• _PROBLEM_:
As the lines appear below, please set them down exactly, starting at the first and finishing with the one containing "module _ (y".

• _AVAILABLE RECORDS_:
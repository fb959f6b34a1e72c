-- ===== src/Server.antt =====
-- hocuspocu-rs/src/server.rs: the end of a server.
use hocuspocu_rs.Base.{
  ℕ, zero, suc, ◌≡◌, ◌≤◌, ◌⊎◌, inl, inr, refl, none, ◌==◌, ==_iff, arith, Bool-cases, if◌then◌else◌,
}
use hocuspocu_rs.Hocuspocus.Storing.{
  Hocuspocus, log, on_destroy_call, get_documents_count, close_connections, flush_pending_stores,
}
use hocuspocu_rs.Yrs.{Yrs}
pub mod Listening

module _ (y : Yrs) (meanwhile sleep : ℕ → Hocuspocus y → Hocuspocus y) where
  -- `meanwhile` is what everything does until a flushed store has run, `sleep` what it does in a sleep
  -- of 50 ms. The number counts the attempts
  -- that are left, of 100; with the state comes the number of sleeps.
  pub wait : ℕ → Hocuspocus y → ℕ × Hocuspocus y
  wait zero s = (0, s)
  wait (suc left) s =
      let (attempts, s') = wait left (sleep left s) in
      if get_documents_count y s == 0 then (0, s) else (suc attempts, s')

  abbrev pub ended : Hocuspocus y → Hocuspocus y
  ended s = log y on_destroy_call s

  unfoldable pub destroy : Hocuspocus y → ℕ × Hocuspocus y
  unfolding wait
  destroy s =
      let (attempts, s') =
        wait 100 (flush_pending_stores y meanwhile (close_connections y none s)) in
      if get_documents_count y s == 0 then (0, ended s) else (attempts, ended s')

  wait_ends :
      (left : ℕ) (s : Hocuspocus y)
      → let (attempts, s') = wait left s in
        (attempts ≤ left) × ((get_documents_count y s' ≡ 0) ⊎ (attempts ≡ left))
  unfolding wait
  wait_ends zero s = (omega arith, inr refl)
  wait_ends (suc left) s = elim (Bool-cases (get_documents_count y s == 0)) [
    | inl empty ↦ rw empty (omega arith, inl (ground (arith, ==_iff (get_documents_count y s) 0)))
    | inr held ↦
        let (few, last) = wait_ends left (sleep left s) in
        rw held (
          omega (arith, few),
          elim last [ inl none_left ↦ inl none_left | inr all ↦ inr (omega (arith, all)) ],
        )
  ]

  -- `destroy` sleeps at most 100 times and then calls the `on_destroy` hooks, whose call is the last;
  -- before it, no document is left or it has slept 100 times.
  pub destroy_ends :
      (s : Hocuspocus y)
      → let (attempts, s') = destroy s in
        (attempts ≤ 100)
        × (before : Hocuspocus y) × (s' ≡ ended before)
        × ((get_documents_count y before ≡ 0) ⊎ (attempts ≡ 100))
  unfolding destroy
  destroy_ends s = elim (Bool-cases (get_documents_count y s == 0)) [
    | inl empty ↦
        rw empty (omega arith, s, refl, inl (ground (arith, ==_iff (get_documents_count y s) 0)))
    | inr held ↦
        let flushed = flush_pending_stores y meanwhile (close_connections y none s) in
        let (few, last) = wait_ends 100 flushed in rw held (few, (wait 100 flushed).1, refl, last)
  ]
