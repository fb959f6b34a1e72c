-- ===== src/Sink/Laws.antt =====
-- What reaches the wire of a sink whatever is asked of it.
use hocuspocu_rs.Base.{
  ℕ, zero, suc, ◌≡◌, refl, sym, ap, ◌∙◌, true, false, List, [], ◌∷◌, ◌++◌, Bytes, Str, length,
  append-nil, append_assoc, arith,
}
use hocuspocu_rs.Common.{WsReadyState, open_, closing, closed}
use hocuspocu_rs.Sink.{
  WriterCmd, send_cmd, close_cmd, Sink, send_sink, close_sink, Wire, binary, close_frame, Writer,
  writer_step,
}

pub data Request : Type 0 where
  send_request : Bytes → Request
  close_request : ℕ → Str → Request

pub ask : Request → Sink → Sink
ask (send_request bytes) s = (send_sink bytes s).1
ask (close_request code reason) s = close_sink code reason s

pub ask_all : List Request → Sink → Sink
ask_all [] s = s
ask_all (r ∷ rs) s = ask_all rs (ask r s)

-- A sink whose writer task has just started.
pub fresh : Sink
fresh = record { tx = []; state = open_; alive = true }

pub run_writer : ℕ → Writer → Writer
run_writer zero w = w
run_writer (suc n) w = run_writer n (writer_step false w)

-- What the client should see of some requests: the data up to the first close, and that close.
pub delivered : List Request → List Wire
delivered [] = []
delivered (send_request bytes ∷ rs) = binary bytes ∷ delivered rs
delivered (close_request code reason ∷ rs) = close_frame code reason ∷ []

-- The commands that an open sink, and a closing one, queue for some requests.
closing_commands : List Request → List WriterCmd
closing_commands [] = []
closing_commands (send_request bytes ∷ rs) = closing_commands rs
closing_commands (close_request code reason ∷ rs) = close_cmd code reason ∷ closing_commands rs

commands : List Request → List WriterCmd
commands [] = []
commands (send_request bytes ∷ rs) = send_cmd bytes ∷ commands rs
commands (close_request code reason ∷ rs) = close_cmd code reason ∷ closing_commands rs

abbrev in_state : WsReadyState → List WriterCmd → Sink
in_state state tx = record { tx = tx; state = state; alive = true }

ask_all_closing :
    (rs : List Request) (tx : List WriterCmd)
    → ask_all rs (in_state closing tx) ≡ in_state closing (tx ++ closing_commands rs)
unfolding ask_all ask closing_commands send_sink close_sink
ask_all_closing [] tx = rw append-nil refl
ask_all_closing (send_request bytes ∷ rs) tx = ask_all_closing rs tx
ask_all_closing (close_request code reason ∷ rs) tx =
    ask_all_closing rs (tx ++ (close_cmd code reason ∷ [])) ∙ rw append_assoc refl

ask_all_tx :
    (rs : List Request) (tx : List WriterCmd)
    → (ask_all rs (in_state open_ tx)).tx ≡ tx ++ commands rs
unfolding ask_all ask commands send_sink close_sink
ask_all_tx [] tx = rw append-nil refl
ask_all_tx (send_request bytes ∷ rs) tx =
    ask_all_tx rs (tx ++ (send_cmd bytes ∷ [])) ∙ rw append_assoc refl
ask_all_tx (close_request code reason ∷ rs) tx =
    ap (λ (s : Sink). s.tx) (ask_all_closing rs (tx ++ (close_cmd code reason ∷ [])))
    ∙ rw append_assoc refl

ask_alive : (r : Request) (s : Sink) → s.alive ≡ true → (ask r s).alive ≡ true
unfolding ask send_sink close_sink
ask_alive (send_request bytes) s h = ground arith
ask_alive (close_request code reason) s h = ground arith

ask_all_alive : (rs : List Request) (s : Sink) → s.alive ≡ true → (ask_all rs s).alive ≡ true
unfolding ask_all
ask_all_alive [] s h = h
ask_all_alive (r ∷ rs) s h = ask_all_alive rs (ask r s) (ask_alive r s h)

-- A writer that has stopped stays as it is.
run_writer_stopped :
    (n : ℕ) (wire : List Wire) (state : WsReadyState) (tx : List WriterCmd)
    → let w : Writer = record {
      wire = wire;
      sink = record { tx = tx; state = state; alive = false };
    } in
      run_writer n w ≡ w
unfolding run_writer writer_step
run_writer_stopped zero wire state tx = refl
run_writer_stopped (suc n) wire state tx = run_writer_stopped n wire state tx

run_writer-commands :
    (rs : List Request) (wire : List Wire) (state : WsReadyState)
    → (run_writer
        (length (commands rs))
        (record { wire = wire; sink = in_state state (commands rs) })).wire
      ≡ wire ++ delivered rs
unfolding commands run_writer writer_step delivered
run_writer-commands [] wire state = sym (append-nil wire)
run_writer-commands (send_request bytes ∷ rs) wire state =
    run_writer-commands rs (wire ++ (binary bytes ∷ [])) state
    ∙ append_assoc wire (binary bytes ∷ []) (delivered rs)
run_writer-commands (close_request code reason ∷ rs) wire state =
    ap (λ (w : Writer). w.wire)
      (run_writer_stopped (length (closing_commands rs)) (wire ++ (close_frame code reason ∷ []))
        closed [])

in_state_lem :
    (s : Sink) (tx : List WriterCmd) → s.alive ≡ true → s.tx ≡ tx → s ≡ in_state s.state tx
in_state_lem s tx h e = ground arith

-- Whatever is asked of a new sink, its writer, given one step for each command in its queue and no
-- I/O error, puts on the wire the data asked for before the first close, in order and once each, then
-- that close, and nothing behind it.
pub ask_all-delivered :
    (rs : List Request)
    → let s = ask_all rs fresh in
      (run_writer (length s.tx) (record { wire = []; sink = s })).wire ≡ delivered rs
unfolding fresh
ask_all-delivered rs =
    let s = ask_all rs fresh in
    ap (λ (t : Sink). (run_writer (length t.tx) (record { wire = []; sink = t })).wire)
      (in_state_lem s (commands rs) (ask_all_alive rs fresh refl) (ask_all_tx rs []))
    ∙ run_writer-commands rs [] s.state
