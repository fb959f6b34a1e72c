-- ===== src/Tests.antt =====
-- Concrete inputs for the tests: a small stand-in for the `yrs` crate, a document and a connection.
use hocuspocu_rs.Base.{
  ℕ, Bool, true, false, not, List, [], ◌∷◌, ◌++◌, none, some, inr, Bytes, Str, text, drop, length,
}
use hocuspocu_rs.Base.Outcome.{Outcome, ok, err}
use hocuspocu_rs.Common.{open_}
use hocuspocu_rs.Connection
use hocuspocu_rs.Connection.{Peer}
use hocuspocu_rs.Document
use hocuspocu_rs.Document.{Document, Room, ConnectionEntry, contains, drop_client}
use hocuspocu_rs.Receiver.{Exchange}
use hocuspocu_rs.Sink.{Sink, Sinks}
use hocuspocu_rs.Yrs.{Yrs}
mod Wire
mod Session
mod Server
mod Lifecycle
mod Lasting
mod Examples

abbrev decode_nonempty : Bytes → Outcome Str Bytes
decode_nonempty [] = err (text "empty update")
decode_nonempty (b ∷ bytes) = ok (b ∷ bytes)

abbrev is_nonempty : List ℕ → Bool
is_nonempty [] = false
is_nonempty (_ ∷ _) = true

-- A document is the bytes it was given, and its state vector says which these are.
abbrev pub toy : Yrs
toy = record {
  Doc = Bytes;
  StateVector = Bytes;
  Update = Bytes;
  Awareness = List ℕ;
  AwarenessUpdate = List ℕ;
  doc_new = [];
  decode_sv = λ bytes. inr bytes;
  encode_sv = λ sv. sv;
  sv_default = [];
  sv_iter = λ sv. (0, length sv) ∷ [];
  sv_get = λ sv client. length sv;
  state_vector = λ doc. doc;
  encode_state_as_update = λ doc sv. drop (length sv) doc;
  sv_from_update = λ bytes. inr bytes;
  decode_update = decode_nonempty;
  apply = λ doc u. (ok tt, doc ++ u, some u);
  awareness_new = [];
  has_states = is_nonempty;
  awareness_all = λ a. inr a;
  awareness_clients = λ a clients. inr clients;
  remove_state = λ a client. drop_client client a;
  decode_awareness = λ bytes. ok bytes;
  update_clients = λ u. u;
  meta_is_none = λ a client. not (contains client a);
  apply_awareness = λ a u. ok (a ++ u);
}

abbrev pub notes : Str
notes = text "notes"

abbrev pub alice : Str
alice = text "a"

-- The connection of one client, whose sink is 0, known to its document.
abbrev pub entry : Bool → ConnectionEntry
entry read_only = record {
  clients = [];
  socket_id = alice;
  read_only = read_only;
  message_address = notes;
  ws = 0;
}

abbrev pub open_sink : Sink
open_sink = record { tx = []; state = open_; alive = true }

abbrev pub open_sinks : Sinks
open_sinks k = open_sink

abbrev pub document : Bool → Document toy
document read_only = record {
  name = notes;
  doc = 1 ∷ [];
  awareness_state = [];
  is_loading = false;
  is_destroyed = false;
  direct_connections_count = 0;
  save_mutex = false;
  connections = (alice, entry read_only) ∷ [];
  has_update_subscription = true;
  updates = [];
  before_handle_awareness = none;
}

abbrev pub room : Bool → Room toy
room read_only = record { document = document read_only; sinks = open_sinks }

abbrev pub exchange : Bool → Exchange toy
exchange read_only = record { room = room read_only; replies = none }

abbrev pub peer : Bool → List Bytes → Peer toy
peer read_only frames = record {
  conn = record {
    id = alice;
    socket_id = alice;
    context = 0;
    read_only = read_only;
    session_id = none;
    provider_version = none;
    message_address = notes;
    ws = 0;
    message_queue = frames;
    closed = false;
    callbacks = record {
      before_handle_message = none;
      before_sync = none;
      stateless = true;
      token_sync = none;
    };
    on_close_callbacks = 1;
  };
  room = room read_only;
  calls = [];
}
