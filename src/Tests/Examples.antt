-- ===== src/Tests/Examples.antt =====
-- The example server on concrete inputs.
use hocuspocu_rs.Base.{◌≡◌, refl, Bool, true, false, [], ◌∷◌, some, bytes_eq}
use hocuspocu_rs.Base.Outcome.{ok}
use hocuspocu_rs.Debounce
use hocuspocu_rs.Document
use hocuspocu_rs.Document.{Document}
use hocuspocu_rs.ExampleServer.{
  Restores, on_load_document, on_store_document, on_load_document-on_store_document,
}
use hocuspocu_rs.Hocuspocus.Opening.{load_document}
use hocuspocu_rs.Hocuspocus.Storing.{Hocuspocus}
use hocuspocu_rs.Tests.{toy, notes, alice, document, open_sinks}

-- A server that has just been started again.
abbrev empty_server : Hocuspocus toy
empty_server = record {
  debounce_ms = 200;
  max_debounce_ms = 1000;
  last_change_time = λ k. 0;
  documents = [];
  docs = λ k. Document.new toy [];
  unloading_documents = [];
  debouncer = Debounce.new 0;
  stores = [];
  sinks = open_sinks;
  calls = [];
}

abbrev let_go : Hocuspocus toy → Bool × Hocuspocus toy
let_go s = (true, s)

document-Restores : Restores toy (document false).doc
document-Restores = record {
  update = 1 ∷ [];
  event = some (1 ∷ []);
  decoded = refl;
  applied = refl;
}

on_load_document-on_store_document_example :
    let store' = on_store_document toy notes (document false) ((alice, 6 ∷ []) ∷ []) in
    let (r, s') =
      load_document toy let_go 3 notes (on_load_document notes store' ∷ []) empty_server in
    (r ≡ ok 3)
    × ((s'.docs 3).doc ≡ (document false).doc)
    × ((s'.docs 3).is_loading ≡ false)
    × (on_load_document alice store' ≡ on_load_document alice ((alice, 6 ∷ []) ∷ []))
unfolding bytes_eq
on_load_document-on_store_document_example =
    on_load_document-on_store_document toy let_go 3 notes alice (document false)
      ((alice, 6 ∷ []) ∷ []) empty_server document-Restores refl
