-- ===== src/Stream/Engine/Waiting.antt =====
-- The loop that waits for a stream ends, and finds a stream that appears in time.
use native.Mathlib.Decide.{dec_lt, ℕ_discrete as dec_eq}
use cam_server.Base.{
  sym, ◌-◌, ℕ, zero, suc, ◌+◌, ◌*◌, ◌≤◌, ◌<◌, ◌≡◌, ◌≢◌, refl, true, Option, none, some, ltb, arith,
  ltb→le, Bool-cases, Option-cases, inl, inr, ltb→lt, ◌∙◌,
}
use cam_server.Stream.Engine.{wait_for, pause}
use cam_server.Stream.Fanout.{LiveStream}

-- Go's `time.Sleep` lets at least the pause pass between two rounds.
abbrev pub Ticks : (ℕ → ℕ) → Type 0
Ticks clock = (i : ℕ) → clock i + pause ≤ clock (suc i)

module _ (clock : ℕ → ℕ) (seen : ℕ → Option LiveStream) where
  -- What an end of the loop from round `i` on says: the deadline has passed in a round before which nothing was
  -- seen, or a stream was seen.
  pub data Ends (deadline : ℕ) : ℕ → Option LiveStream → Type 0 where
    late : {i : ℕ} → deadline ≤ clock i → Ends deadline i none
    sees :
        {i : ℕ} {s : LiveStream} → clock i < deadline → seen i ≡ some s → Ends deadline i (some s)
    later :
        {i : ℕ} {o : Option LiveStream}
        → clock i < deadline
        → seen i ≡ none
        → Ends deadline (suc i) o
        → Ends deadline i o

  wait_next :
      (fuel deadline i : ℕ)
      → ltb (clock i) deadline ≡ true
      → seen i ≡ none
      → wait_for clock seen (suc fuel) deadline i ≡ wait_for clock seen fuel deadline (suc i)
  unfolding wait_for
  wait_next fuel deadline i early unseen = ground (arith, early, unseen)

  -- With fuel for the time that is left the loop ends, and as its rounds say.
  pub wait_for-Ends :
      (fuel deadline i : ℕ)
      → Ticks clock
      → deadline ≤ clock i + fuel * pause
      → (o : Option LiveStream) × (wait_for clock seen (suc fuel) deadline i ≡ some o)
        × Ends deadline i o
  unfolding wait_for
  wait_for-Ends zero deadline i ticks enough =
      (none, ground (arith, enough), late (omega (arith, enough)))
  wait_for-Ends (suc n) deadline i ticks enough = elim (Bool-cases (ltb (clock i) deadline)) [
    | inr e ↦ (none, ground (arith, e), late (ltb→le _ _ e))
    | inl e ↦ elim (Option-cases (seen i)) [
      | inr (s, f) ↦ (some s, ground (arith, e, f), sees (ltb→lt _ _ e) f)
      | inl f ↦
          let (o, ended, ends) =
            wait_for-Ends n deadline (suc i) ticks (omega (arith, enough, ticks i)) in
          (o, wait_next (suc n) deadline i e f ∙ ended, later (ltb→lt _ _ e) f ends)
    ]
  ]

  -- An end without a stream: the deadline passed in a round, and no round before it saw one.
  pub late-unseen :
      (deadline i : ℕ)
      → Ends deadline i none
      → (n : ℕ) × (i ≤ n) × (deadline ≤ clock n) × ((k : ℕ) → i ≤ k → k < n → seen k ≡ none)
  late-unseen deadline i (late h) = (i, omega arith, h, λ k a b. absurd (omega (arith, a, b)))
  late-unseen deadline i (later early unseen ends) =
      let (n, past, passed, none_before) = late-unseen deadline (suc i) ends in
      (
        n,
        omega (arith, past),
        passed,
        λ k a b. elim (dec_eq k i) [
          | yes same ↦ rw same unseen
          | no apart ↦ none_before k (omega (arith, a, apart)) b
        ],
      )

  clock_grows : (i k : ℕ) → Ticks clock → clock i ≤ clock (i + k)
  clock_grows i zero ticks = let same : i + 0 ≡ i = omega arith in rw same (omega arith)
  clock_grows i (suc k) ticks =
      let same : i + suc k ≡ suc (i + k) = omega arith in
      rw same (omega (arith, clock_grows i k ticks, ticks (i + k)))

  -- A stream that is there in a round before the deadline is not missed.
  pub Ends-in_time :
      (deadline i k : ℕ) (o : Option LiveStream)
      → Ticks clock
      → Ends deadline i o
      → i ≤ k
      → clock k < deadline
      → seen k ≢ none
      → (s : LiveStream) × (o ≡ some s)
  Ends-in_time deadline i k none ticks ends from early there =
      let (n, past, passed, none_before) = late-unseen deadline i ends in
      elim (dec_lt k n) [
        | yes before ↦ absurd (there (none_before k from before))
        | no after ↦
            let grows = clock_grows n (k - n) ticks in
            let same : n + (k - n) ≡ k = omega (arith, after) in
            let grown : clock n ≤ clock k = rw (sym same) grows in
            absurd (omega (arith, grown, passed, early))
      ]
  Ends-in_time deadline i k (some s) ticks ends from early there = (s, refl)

• _SOLUTION BELOW_:
repository fb959f6b34a1e72c
-- ===== src/Server.antt =====
-- hocuspocu-rs/src/server.rs: the end of a server.
use hocuspocu_rs.Base.{
  ℕ, zero, suc, ◌≡◌, ◌≤◌, ◌⊎◌, inl, inr, refl, none, ◌==◌, ==_iff, arith, Bool-cases, if◌then◌else◌,
}
use hocuspocu_rs.Hocuspocus.Storing.{
  Hocuspocus, log, on_destroy_call, get_documents_count, close_connections, flush_pending_stores,
}
use hocuspocu_rs.Yrs.{Yrs}
pub mod Listening

module _ (y : Yrs) (meanwhile sleep : ℕ → Hocuspocus y → Hocuspocus y) where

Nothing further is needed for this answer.